Hydrogen, the most abundant element in the universe, has three isotopes that are distinct from one another based on their atomic composition. These isotopes are protium (¹H), deuterium (²H), and tritium (³H). Each isotope has a different number of neutrons in the nucleus, while all share the same number of protons (one proton). This small change in neutron count significantly impacts the stability and radioactivity of each isotope.

• Protium (¹H): Contains one proton and no neutrons. It is stable and by far the most common hydrogen isotope.


• Deuterium (²H): Known as heavy hydrogen, it has one proton and one neutron. Deuterium is stable and is used in various scientific and industrial applications.


• Tritium (³H): This isotope has one proton and two neutrons. Unlike the other two, tritium is radioactive due to the instability brought on by its additional neutron.

Understanding these differences helps identify which forms of hydrogen can contribute to or are involved in nuclear reactions, such as tritium's significance in nuclear chemistry.

Nuclear Equations

Nuclear equations are like chemical equations but for nuclear reactions or transformations. They describe what happens when an atomic nucleus changes, often emitting or capturing particles. These equations must balance in terms of the total number of nucleons (protons and neutrons) and charge. Here's how nuclear equations work:

• Components: The equation includes the initial nucleus, any resulting nuclei, and any particles emitted or captured.


• Balancing: The sum of the mass numbers (total protons and neutrons) and atomic numbers (protons) must be the same on both sides of the equation.

For example, the decay of tritium (³H) into helium-3 (³He) through beta decay can be written as:\[ {}^3_1H \rightarrow {}^3_2He + {}^0_{-1}\beta \]In this equation, the tritium loses a neutron, becomes more stable, and emits a beta particle. The equation accurately reflects the conservation of mass and charge during the process.

Beta Decay

Beta decay is a type of radioactive decay where a neutron in the nucleus converts into a proton, along with the emission of an electron, known as a beta particle. This process occurs in isotopes with a neutron-to-proton ratio that creates instability, such as tritium. Here's how beta decay operates:

• Transformation: A neutron is transformed into a proton, thereby increasing the proton count by one. This results in a shift in the element on the periodic table, as the atomic number grows.

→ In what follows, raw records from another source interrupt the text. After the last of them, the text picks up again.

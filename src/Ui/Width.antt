-- ===== src/Ui/Width.antt =====
-- internal/ui/ansi.go: the width of texts that are put together, padded or cut.
use multi_protocol_proxy.Prelude.{
  ℕ, zero, suc, ◌+◌, ◌-◌, ◌/◌, ◌≤◌, [], ◌∷◌, ◌++◌, some, codes, leb, length, take, if◌then◌else◌,
  has_prefix, ◌≡◌, ◌≢◌, refl, sym, ap, ◌∙◌, arith, All, length-append, length-take, append_assoc,
  Bool-cases, inl, inr,
}
use multi_protocol_proxy.Ui.{
  Text, esc, remove_all, sgr_length, osc8_length, strip_ansi, visible_width, truncate_visible,
  spaces, pad_right, pad_left, pad_center,
}

-- A text without an escape character.
abbrev pub IsPlain : Text → Type 0
IsPlain = All (λ c. c ≢ esc)

-- A text that ends no escape sequence of what stands before it and that begins none that ends behind
-- it: what follows it is stripped on its own.
abbrev pub IsWhole : Text → Type 0
IsWhole s = (t : Text) → strip_ansi (s ++ t) ≡ strip_ansi s ++ strip_ansi t

sgr_length-plain : (c : ℕ) (s : Text) → c ≢ esc → sgr_length (c ∷ s) ≡ 0
unfolding sgr_length
sgr_length-plain c [] h = refl
sgr_length-plain c (d ∷ s) h = ground arith

pub osc8_length-plain : (c : ℕ) (s : Text) → c ≢ esc → osc8_length (c ∷ s) ≡ 0
unfolding osc8_length has_prefix
osc8_length-plain c s h = ground arith

pub remove_all-kept :
    (pattern : Text → ℕ) (c : ℕ) (s : Text)
    → pattern (c ∷ s) ≡ 0
    → remove_all pattern zero (c ∷ s) ≡ c ∷ remove_all pattern zero s
unfolding remove_all
remove_all-kept pattern c s e = rw (e, remove_all) refl

strip_ansi-plain : (c : ℕ) (s : Text) → c ≢ esc → strip_ansi (c ∷ s) ≡ c ∷ strip_ansi s
unfolding strip_ansi
strip_ansi-plain c s h =
    ap (remove_all sgr_length zero) (remove_all-kept osc8_length c s (osc8_length-plain c s h))
    ∙ remove_all-kept sgr_length c (remove_all osc8_length zero s) (sgr_length-plain c _ h)

pub strip_ansi-IsPlain : (s : Text) → IsPlain s → strip_ansi s ≡ s
unfolding strip_ansi remove_all
strip_ansi-IsPlain [] p = refl
strip_ansi-IsPlain (c ∷ s) p = strip_ansi-plain c s p.0 ∙ ap (◌∷◌ c) (strip_ansi-IsPlain s p.1)

strip-plain_append : (s t : Text) → IsPlain s → strip_ansi (s ++ t) ≡ s ++ strip_ansi t
strip-plain_append [] t p = refl
strip-plain_append (c ∷ s) t p =
    strip_ansi-plain c (s ++ t) p.0 ∙ ap (◌∷◌ c) (strip-plain_append s t p.1)

-- A plain text is whole.
pub IsPlain-IsWhole : (s : Text) → IsPlain s → IsWhole s
IsPlain-IsWhole s p t =
    strip-plain_append s t p ∙ ap (λ x. x ++ strip_ansi t) (sym (strip_ansi-IsPlain s p))

-- Whole texts one behind the other are a whole text.
pub append-IsWhole : (s t : Text) → IsWhole s → IsWhole t → IsWhole (s ++ t)
append-IsWhole s t p q r =
    ap strip_ansi (append_assoc s t r)
    ∙ p (t ++ r)
    ∙ ap (strip_ansi s ++◌) (q r)
    ∙ sym (append_assoc (strip_ansi s) (strip_ansi t) (strip_ansi r))
    ∙ ap (λ x. x ++ strip_ansi r) (sym (p t))

pub visible_width-append :
    (s t : Text) → IsWhole s → visible_width (s ++ t) ≡ visible_width s + visible_width t
unfolding visible_width
visible_width-append s t p = ap length (p t) ∙ length-append (strip_ansi s) (strip_ansi t)

pub visible_width-IsPlain : (s : Text) → IsPlain s → visible_width s ≡ length s
unfolding visible_width
visible_width-IsPlain s p = ap length (strip_ansi-IsPlain s p)

pub spaces-IsPlain : (n : ℕ) → IsPlain (spaces n)
unfolding spaces
spaces-IsPlain zero = tt
spaces-IsPlain (suc n) = (λ e. omega (arith, e), spaces-IsPlain n)

pub length-spaces : (n : ℕ) → length (spaces n) ≡ n
unfolding spaces
length-spaces zero = refl
length-spaces (suc n) = ap suc (length-spaces n)

pub spaces-IsWhole : (n : ℕ) → IsWhole (spaces n)
spaces-IsWhole n = IsPlain-IsWhole (spaces n) (spaces-IsPlain n)

pub visible_width-spaces : (n : ℕ) → visible_width (spaces n) ≡ n
visible_width-spaces n = visible_width-IsPlain (spaces n) (spaces-IsPlain n) ∙ length-spaces n

visible_width-right :
    (s : Text) (n : ℕ) → IsWhole s → visible_width (s ++ spaces n) ≡ visible_width s + n
visible_width-right s n p =
    visible_width-append s (spaces n) p ∙ ap (visible_width s +◌) (visible_width-spaces n)

visible_width-left : (s : Text) (n : ℕ) → visible_width (spaces n ++ s) ≡ n + visible_width s
visible_width-left s n =
    visible_width-append (spaces n) s (spaces-IsWhole n)
    ∙ ap (λ k. k + visible_width s) (visible_width-spaces n)

abbrev pub max : ℕ → ℕ → ℕ
max a b = if leb a b then b else a

-- Padding on any side makes a text as wide as is asked for, and leaves a wider one as it is: a text
-- that leaves no escape sequence open.
pub pad-max :
    (s : Text) (width : ℕ)
    → IsWhole s
    → (visible_width (pad_right s width) ≡ max (visible_width s) width)
      × (visible_width (pad_left s width) ≡ max (visible_width s) width)
      × (visible_width (pad_center s width) ≡ max (visible_width s) width)
unfolding pad_right pad_left pad_center
pad-max s width p = go (visible_width s) refl
  where
    go :
        (v : ℕ)
        → visible_width s ≡ v
        → (visible_width (if leb width v then s else s ++ spaces (width - v)) ≡ max v width)
          × (visible_width (if leb width v then s else spaces (width - v) ++ s) ≡ max v width)
          × (visible_width (
                if leb width v
                then s
                else let padding = width - v in
                  let left = padding / 2 in spaces left ++ (s ++ spaces (padding - left)))
              ≡ max v width)
    go v e = elim (Bool-cases (leb width v)) [
      | inl wide ↦ rw wide (e ∙ ground arith, e ∙ ground arith, e ∙ ground arith)
      | inr narrow ↦ rw narrow (
        visible_width-right s (width - v) p ∙ ground (arith, e),
        visible_width-left s (width - v) ∙ ground (arith, e),
        visible_width-left _ ((width - v) / 2)
            ∙ ap ((width - v) / 2 +◌) (visible_width-right s (width - v - (width - v) / 2) p)
            ∙ ground (arith, e),
      )
    ]

take-IsPlain : (n : ℕ) (s : Text) → IsPlain s → IsPlain (take n s)
take-IsPlain zero s p = tt
take-IsPlain (suc n) [] p = tt
take-IsPlain (suc n) (c ∷ s) p = (p.0, take-IsPlain n s p.1)

dots-IsPlain : IsPlain (codes "...")
dots-IsPlain = ((λ e. omega (arith, e)), ((λ e. omega (arith, e)), ((λ e. omega (arith, e)), tt)))

-- A text without a stray escape character is cut to the width asked for, of 3 at least; it is not
-- cut, with its escape sequences kept, if it is not too wide.
pub truncate_visible-le :
    (s : Text) (width : ℕ)
    → IsPlain (strip_ansi s)
    → 3 ≤ width
    → (r : Text) × (truncate_visible s width ≡ some r) × (visible_width r ≤ width)
unfolding truncate_visible visible_width
truncate_visible-le s width p h = elim (Bool-cases (leb (length (strip_ansi s)) width)) [
  | inl fits ↦ (s, rw fits refl, ground arith)
  | inr wide ↦
      let cut = take (width - 3) (strip_ansi s) in
      let plain = take-IsPlain (width - 3) (strip_ansi s) p in
      (
        cut ++ codes "...",
        rw wide (ground arith),
        omega (
          arith,
          visible_width-append cut (codes "...") (IsPlain-IsWhole cut plain),
          visible_width-IsPlain cut plain,
          visible_width-IsPlain (codes "...") dots-IsPlain,
          length-take (width - 3) (strip_ansi s) (ground arith),
        ),
      )
]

• Particle Emission: Alongside the new proton, an electron (the beta particle) and an antineutrino are emitted. The beta particle is a high-energy electron originating from the nucleus.

Beta decay helps unstable isotopes reach a more stable state. In the case of tritium, it turns into helium-3, with only a slight mass change but significant stability improvement.

Nuclear Chemistry

Nuclear chemistry is a branch of chemistry focusing on the reactions and properties of atomic nuclei. It explores phenomena like radioactivity, nuclear decay processes, and reactions within the nucleus. Here are key highlights of nuclear chemistry:

• Radioactivity: The emission of particles and energy from atomic nuclei. This can occur naturally or be induced in laboratories.


• Nuclear Transformations and Stability: Involve changes in the nucleus, typically to achieve greater stability. Transformations can include fission, fusion, and radioactive decay such as beta decay.
• Applications: Used in medicine for diagnostic and therapeutic procedures, energy generation in nuclear reactors, and understanding astrophysical processes.

The study of nuclear chemistry encompasses a wide range of scientific pursuits, from everyday applications in nuclear power to advancing our understanding of elemental formation in the universe.